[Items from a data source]
----

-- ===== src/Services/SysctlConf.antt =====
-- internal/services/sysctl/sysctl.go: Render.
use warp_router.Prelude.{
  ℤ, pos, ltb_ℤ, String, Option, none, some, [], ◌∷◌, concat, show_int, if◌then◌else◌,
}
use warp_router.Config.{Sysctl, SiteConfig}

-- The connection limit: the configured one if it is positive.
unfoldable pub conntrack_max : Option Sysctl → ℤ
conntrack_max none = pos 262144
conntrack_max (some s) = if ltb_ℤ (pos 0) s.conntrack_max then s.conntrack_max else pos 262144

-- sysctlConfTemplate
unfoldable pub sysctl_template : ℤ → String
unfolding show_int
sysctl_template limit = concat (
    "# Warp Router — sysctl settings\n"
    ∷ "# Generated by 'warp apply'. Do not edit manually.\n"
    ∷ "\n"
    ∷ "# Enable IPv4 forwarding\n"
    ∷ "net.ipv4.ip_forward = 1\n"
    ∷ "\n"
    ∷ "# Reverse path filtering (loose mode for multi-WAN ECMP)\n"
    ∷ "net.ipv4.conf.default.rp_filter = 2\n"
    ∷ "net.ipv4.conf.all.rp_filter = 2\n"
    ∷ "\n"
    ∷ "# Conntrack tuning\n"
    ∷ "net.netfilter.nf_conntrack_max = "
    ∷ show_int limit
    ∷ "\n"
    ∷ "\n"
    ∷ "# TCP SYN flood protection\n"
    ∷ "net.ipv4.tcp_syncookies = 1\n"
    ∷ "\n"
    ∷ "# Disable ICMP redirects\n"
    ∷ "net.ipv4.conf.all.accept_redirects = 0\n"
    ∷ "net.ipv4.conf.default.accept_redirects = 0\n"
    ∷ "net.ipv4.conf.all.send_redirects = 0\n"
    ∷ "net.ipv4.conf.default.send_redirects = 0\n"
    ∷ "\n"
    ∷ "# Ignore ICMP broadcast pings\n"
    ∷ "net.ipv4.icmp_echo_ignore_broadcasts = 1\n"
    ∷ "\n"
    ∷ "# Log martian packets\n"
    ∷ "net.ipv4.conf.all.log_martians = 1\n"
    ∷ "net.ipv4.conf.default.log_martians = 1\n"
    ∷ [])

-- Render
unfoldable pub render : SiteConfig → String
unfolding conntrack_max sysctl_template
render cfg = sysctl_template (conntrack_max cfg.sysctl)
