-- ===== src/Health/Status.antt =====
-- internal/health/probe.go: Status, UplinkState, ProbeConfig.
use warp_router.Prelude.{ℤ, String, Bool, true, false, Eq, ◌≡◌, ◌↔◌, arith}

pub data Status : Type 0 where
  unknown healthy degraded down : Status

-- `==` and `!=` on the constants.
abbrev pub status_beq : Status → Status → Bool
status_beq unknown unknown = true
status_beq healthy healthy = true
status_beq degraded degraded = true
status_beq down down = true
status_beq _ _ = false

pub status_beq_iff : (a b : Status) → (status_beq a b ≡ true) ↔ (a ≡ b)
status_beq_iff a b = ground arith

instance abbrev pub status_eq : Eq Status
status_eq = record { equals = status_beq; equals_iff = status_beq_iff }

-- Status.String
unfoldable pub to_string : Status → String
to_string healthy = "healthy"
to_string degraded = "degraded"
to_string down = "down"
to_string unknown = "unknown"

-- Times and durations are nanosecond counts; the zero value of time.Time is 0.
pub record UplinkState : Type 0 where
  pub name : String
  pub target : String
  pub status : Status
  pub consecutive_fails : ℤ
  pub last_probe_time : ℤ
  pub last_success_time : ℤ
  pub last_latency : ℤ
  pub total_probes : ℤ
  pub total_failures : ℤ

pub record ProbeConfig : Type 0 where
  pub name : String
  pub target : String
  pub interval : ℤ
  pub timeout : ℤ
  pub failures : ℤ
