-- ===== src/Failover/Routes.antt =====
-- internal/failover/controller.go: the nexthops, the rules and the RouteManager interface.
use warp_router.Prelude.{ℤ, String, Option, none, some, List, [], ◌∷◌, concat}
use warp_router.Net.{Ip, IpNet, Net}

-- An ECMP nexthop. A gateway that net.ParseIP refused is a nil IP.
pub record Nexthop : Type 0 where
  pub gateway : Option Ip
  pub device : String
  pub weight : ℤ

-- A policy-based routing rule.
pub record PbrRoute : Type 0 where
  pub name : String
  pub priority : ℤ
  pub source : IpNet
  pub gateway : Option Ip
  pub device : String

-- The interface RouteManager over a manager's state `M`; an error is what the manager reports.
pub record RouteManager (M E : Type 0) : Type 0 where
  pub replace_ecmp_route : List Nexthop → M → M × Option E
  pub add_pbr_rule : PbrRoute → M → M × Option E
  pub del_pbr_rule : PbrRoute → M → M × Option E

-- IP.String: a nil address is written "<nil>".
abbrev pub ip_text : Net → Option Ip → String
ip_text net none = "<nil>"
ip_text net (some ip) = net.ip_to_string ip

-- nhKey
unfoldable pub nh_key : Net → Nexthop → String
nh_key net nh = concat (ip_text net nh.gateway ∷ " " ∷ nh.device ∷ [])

----

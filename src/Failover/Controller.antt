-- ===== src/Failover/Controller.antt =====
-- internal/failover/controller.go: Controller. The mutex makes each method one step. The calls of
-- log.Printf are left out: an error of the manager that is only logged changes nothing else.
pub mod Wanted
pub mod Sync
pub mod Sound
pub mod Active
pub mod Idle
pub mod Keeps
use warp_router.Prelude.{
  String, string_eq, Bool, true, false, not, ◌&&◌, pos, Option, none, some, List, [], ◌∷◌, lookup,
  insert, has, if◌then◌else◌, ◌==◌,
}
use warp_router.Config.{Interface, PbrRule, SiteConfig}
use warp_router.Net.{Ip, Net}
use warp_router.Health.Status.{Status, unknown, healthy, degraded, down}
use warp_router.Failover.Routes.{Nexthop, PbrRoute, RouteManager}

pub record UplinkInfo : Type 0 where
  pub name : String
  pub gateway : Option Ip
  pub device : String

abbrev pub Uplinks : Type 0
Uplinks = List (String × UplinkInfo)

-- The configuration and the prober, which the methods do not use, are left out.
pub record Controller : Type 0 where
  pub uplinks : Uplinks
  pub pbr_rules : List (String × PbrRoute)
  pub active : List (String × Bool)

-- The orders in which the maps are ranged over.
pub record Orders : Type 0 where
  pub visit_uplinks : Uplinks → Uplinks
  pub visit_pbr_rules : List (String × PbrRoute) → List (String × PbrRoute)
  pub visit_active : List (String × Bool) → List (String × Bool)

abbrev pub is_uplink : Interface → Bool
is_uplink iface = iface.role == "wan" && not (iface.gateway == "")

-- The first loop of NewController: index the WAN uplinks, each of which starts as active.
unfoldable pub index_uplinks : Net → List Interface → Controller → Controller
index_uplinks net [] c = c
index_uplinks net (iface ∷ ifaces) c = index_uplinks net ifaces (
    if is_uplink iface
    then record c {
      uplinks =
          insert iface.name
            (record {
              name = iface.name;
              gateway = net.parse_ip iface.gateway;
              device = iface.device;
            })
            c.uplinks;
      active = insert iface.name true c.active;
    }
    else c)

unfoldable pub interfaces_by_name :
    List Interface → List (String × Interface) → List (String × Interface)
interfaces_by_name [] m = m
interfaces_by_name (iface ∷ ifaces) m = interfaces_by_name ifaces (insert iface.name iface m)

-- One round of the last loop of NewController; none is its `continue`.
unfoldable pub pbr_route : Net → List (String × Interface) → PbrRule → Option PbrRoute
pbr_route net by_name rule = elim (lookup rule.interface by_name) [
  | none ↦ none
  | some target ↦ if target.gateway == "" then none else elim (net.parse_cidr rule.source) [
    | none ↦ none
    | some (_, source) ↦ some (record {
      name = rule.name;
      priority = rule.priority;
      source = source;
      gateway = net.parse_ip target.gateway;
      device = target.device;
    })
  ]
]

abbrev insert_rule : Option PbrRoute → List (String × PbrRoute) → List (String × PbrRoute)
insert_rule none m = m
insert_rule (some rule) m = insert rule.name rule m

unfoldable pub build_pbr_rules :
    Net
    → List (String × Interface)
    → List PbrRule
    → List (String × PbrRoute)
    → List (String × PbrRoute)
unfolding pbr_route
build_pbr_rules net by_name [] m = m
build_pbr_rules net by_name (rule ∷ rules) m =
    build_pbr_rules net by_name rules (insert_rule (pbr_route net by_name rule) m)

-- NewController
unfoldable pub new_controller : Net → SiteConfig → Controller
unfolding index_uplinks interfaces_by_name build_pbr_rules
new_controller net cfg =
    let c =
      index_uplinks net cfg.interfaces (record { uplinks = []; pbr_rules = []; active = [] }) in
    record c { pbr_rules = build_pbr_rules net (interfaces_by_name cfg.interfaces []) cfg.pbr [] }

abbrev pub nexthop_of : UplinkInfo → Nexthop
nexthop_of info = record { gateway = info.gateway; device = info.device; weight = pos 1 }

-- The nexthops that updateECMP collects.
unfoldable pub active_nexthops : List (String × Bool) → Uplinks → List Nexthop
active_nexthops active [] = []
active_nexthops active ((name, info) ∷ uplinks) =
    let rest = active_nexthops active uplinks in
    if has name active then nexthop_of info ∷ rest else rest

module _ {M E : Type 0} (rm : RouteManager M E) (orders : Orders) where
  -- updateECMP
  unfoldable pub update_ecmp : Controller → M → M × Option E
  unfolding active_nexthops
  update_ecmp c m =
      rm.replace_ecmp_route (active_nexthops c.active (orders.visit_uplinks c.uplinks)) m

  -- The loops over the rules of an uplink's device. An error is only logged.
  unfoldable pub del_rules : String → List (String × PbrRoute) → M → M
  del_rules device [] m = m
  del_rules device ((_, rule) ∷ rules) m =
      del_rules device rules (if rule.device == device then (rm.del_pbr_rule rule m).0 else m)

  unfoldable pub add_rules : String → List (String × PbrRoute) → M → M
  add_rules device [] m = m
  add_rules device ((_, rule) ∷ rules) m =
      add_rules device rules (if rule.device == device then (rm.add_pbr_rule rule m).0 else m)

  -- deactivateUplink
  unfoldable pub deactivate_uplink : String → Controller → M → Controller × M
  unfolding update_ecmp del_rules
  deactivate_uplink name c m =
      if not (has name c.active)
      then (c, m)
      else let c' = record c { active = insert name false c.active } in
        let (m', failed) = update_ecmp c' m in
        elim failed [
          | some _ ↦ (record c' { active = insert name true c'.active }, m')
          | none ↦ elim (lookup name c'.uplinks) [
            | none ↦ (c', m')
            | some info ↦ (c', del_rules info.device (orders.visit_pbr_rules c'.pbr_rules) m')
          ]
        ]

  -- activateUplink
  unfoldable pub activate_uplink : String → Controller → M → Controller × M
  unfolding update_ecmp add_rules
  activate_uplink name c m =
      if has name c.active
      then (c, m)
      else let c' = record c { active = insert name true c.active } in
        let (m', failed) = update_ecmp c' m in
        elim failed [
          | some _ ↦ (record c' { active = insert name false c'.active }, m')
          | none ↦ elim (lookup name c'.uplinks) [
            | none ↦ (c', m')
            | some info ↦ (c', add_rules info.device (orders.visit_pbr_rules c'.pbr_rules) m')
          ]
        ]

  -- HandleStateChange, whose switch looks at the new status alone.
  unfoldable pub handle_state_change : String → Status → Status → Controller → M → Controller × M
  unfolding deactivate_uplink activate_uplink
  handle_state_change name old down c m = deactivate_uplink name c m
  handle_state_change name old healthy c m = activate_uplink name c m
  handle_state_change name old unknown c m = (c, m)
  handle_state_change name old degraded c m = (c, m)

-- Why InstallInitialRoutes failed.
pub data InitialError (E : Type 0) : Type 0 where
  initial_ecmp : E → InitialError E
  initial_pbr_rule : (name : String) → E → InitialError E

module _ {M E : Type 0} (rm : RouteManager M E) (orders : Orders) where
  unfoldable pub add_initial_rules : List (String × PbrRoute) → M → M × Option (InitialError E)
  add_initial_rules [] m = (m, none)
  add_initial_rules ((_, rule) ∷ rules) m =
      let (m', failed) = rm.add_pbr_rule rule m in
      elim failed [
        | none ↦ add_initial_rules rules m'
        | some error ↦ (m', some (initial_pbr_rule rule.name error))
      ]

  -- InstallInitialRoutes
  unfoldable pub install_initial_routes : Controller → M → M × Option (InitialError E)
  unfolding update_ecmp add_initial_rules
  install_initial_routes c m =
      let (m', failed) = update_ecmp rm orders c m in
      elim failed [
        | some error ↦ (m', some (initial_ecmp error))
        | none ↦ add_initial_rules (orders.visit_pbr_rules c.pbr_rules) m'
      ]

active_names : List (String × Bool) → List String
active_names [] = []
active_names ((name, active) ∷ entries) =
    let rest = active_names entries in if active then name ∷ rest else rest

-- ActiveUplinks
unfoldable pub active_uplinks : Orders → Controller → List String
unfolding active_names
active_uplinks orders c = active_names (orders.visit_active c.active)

----

• What the task asks: Every line above that holds the string "iface" should be copied out.

• Solution:
is_uplink iface = iface.role == "wan" && not (iface.gateway == "")
index_uplinks net (iface ∷ ifaces) c = index_uplinks net ifaces (
    if is_uplink iface
          insert iface.name
              name = iface.name;
              gateway = net.parse_ip iface.gateway;
              device = iface.device;
      active = insert iface.name true c.active;
interfaces_by_name (iface ∷ ifaces) m = interfaces_by_name ifaces (insert iface.name iface m)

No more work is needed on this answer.